» **What is expected**: Would you print the records as they stand, down to the last character?
*** Opening of Given data ***
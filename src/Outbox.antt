-- ===== src/Outbox.antt =====
-- The journal of task notifications: tables `agent_task_notification_attempts`,
-- `agent_task_notification_attempt_items` and `agent_task_deliveries` (internal/core/agent_store.go;
-- internal/migrate/sql/018_agent_task_notification_journal.sql for the columns). Identifiers and
-- instants are numbers, and the nil UUID is 0. `NOW()` is read once in a transaction. A transaction
-- that fails leaves the journal as it was; faults of the database itself are not modelled.
pub mod Ops
pub mod Resolution
pub mod Claim
pub mod Deliver
pub mod Steps
pub mod States
pub mod Moves
pub mod Admission
pub mod Owners
pub mod Counts
pub mod Senders
pub mod Once
pub mod AtMostOnce
pub mod Session
pub mod Runs
pub mod Ledger
pub mod Retry
pub mod Allowed
pub mod Drained
pub mod Kept
pub mod Lookups
pub mod Wakes
pub mod Normalized
mod Examples
use Prim.Native.String.{len, compare}
use blueship.Prelude.{
  ℕ, String, Bool, true, false, not, ◌&&◌, ◌||◌, Option, none, some, List, [], ◌∷◌, ◌==◌, ltb,
  Ordering, if◌then◌else◌, str_eq, trim_space,
}

pub record Ref : Type 0 where
  pub input_id : String
  pub item_key : String

-- CHECK (state IN ('dispatching', 'retryable', 'sent', 'uncertain', 'rejected'))
pub data AttemptState : Type 0 where
  dispatching retryable sent uncertain rejected : AttemptState

pub record Receipt : Type 0 where
  pub transport : String
  pub message_id : String

pub record Attempt : Type 0 where
  pub id : ℕ
  pub task_id : ℕ
  pub user_id : ℕ
  pub occurrence_key : String
  pub message_text : String
  pub state : AttemptState
  pub receipt : Option Receipt
  pub error_message : Option String
  pub attempt_count : ℕ
  pub next_attempt_at : Option ℕ
  pub last_attempt_at : ℕ
  pub created_at : ℕ
  pub resolved_at : Option ℕ

pub record Item : Type 0 where
  pub attempt_id : ℕ
  pub task_id : ℕ
  pub ref : Ref

pub record Delivery : Type 0 where
  pub task_id : ℕ
  pub ref : Ref

pub record Journal : Type 0 where
  pub attempts : List Attempt
  pub items : List Item
  pub deliveries : List Delivery

pub data JournalError : Type 0 where
  missing_ids missing_text ref_too_long no_refs pair_not_found partial_overlap : JournalError
  missing_transport not_found bad_text wrong_user is_sent is_uncertain invalid_state : JournalError
  missing_reason missing_time no_reserved_refs : JournalError

pub data JournalResult (A : Type 0) : Type 0 where
  ok : A → JournalResult A
  err : JournalError → JournalResult A

unfoldable pub same_ref : Ref → Ref → Bool
same_ref a b = str_eq a.input_id b.input_id && str_eq a.item_key b.item_key

unfoldable pub has_ref : Ref → List Ref → Bool
has_ref r [] = false
has_ref r (s ∷ refs) = same_ref s r || has_ref r refs

abbrev pub task_delivery_input_id_max_bytes : ℕ
task_delivery_input_id_max_bytes = 64

abbrev pub task_delivery_item_key_max_bytes : ℕ
task_delivery_item_key_max_bytes = 512

abbrev pub trimmed_ref : Ref → Ref
trimmed_ref r = record { input_id = trim_space r.input_id; item_key = trim_space r.item_key }

-- The loop of `normalizeTaskDeliveryRefs`, with `seen`; `none` is an error.
unfoldable pub normalize_loop : List Ref → List Ref → Option (List Ref)
normalize_loop seen [] = some []
normalize_loop seen (r ∷ refs) =
    let skip = normalize_loop seen refs in
    let keep = normalize_loop (trimmed_ref r ∷ seen) refs in
    if str_eq (trimmed_ref r).input_id "" || str_eq (trimmed_ref r).item_key ""
    then skip
    else if ltb task_delivery_input_id_max_bytes (len (trimmed_ref r).input_id)
    then none
    else if ltb task_delivery_item_key_max_bytes (len (trimmed_ref r).item_key)
    then none
    else if has_ref (trimmed_ref r) seen
    then skip
    else elim keep [ none ↦ none | some out ↦ some (trimmed_ref r ∷ out) ]

unfoldable pub normalize_task_delivery_refs : List Ref → Option (List Ref)
normalize_task_delivery_refs refs = normalize_loop [] refs

abbrev text_before : String → String → Bool
text_before a b = elim (compare a b) [ Ordering.lt ↦ true | _ ↦ false ]

-- The comparison of `sortTaskDeliveryRefs`.
unfoldable pub ref_before : Ref → Ref → Bool
ref_before a b =
    if not (str_eq a.input_id b.input_id)
    then text_before a.input_id b.input_id
    else text_before a.item_key b.item_key

unfoldable pub insert_ref : Ref → List Ref → List Ref
insert_ref r [] = r ∷ []
insert_ref r (s ∷ refs) =
    let rest = insert_ref r refs in if ref_before s r then s ∷ rest else r ∷ s ∷ refs

unfoldable pub sort_task_delivery_refs : List Ref → List Ref
sort_task_delivery_refs [] = []
sort_task_delivery_refs (r ∷ refs) = insert_ref r (sort_task_delivery_refs refs)

-- WHERE id = $1
unfoldable pub find_attempt : ℕ → List Attempt → Option Attempt
find_attempt id [] = none
find_attempt id (a ∷ attempts) = if a.id == id then some a else find_attempt id attempts

unfoldable pub update_attempt : ℕ → (Attempt → Attempt) → List Attempt → List Attempt
update_attempt id change [] = []
update_attempt id change (a ∷ attempts) =
    (if a.id == id then change a else a) ∷ update_attempt id change attempts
*** Close of Given data ***
» **Answer box**:
filename src/Outbox.antt
-- ===== src/Outbox.antt =====
-- The journal of task notifications: tables `agent_task_notification_attempts`,
-- `agent_task_notification_attempt_items` and `agent_task_deliveries` (internal/core/agent_store.go;
-- internal/migrate/sql/018_agent_task_notification_journal.sql for the columns). Identifiers and
-- instants are numbers, and the nil UUID is 0. `NOW()` is read once in a transaction. A transaction
-- that fails leaves the journal as it was; faults of the database itself are not modelled.
pub mod Ops
pub mod Resolution
pub mod Claim
pub mod Deliver
pub mod Steps
pub mod States
pub mod Moves
pub mod Admission
pub mod Owners
pub mod Counts
pub mod Senders
pub mod Once
pub mod AtMostOnce
pub mod Session
pub mod Runs
pub mod Ledger
pub mod Retry
pub mod Allowed
pub mod Drained
pub mod Kept
pub mod Lookups
pub mod Wakes
pub mod Normalized
mod Examples
use Prim.Native.String.{len, compare}
use blueship.Prelude.{
  ℕ, String, Bool, true, false, not, ◌&&◌, ◌||◌, Option, none, some, List, [], ◌∷◌, ◌==◌, ltb,
  Ordering, if◌then◌else◌, str_eq, trim_space,
}

pub record Ref : Type 0 where
  pub input_id : String
  pub item_key : String

-- CHECK (state IN ('dispatching', 'retryable', 'sent', 'uncertain', 'rejected'))
pub data AttemptState : Type 0 where
  dispatching retryable sent uncertain rejected : AttemptState

pub record Receipt : Type 0 where
  pub transport : String
  pub message_id : String

pub record Attempt : Type 0 where
  pub id : ℕ
  pub task_id : ℕ
  pub user_id : ℕ
  pub occurrence_key : String
  pub message_text : String
  pub state : AttemptState
  pub receipt : Option Receipt
  pub error_message : Option String
  pub attempt_count : ℕ
  pub next_attempt_at : Option ℕ
  pub last_attempt_at : ℕ
  pub created_at : ℕ
  pub resolved_at : Option ℕ

pub record Item : Type 0 where
  pub attempt_id : ℕ
  pub task_id : ℕ
  pub ref : Ref

pub record Delivery : Type 0 where
  pub task_id : ℕ
  pub ref : Ref

pub record Journal : Type 0 where
  pub attempts : List Attempt
  pub items : List Item
  pub deliveries : List Delivery

pub data JournalError : Type 0 where
  missing_ids missing_text ref_too_long no_refs pair_not_found partial_overlap : JournalError
  missing_transport not_found bad_text wrong_user is_sent is_uncertain invalid_state : JournalError
  missing_reason missing_time no_reserved_refs : JournalError

pub data JournalResult (A : Type 0) : Type 0 where
  ok : A → JournalResult A
  err : JournalError → JournalResult A

unfoldable pub same_ref : Ref → Ref → Bool
same_ref a b = str_eq a.input_id b.input_id && str_eq a.item_key b.item_key

unfoldable pub has_ref : Ref → List Ref → Bool
has_ref r [] = false
has_ref r (s ∷ refs) = same_ref s r || has_ref r refs

abbrev pub task_delivery_input_id_max_bytes : ℕ
task_delivery_input_id_max_bytes = 64

abbrev pub task_delivery_item_key_max_bytes : ℕ
task_delivery_item_key_max_bytes = 512

abbrev pub trimmed_ref : Ref → Ref
trimmed_ref r = record { input_id = trim_space r.input_id; item_key = trim_space r.item_key }

-- The loop of `normalizeTaskDeliveryRefs`, with `seen`; `none` is an error.
unfoldable pub normalize_loop : List Ref → List Ref → Option (List Ref)
normalize_loop seen [] = some []
normalize_loop seen (r ∷ refs) =
    let skip = normalize_loop seen refs in
    let keep = normalize_loop (trimmed_ref r ∷ seen) refs in
    if str_eq (trimmed_ref r).input_id "" || str_eq (trimmed_ref r).item_key ""
    then skip
    else if ltb task_delivery_input_id_max_bytes (len (trimmed_ref r).input_id)
    then none
    else if ltb task_delivery_item_key_max_bytes (len (trimmed_ref r).item_key)
    then none
    else if has_ref (trimmed_ref r) seen
    then skip
    else elim keep [ none ↦ none | some out ↦ some (trimmed_ref r ∷ out) ]

unfoldable pub normalize_task_delivery_refs : List Ref → Option (List Ref)
normalize_task_delivery_refs refs = normalize_loop [] refs

abbrev text_before : String → String → Bool
text_before a b = elim (compare a b) [ Ordering.lt ↦ true | _ ↦ false ]

-- The comparison of `sortTaskDeliveryRefs`.
unfoldable pub ref_before : Ref → Ref → Bool
ref_before a b =
    if not (str_eq a.input_id b.input_id)
    then text_before a.input_id b.input_id
    else text_before a.item_key b.item_key

unfoldable pub insert_ref : Ref → List Ref → List Ref
insert_ref r [] = r ∷ []
insert_ref r (s ∷ refs) =
    let rest = insert_ref r refs in if ref_before s r then s ∷ rest else r ∷ s ∷ refs

unfoldable pub sort_task_delivery_refs : List Ref → List Ref
sort_task_delivery_refs [] = []
sort_task_delivery_refs (r ∷ refs) = insert_ref r (sort_task_delivery_refs refs)

-- WHERE id = $1
unfoldable pub find_attempt : ℕ → List Attempt → Option Attempt
find_attempt id [] = none
find_attempt id (a ∷ attempts) = if a.id == id then some a else find_attempt id attempts

unfoldable pub update_attempt : ℕ → (Attempt → Attempt) → List Attempt → List Attempt
update_attempt id change [] = []
update_attempt id change (a ∷ attempts) =
    (if a.id == id then change a else a) ∷ update_attempt id change attempts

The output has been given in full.